### What you are asked to do
Only lines containing the string "Laws" belong in the answer; find them in the records and copy them.

--------------------------------

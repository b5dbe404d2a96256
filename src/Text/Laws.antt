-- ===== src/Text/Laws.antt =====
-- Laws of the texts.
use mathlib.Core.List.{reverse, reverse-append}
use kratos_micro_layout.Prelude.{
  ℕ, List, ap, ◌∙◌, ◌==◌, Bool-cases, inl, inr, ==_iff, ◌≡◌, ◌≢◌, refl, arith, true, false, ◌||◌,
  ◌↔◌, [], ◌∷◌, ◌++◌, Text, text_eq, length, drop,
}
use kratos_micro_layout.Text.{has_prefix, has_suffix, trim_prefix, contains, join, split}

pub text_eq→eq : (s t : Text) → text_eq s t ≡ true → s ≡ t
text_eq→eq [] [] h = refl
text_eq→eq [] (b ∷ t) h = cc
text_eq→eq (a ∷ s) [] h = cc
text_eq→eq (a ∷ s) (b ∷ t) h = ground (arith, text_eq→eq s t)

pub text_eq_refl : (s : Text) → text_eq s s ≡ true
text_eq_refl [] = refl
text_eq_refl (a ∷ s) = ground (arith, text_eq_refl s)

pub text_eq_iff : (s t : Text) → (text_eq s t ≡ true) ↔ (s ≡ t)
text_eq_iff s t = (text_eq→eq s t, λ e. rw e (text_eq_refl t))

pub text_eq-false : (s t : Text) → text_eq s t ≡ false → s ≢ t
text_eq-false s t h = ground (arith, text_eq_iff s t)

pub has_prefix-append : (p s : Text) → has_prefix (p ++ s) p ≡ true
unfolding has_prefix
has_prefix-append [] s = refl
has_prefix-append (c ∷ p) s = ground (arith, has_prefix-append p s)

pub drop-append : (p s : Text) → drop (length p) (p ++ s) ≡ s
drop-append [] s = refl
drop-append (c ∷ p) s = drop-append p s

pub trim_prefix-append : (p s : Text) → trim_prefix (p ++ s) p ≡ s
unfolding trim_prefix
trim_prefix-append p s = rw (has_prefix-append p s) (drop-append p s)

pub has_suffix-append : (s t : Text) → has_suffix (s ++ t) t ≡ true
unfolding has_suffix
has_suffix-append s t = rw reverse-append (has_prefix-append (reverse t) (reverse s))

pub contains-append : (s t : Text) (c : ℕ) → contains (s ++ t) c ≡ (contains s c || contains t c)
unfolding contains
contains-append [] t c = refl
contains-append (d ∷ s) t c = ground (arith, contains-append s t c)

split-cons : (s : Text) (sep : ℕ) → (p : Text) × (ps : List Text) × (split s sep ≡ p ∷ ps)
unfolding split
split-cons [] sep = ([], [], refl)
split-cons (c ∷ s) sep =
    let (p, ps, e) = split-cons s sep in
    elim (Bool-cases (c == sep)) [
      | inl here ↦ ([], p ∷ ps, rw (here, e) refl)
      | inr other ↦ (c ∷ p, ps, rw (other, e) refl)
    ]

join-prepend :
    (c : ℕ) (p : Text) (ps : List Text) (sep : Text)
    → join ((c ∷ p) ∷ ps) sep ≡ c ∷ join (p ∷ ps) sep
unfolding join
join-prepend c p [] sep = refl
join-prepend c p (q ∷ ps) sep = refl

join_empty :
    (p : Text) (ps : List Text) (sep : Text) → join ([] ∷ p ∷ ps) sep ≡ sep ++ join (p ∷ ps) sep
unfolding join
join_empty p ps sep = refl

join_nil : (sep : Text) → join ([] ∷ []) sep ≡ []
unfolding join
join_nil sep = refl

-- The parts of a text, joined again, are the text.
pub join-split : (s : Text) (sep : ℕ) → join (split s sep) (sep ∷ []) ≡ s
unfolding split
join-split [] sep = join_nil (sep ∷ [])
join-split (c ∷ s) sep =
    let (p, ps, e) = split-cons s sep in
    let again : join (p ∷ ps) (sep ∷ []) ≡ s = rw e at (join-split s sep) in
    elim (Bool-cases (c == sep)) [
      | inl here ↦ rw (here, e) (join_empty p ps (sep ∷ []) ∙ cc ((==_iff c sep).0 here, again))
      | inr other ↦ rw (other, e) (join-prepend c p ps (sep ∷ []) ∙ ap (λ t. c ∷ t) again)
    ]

--------------------------------

### Output of the exercise
filename src/Text/Laws.antt
-- ===== src/Text/Laws.antt =====
-- Laws of the texts.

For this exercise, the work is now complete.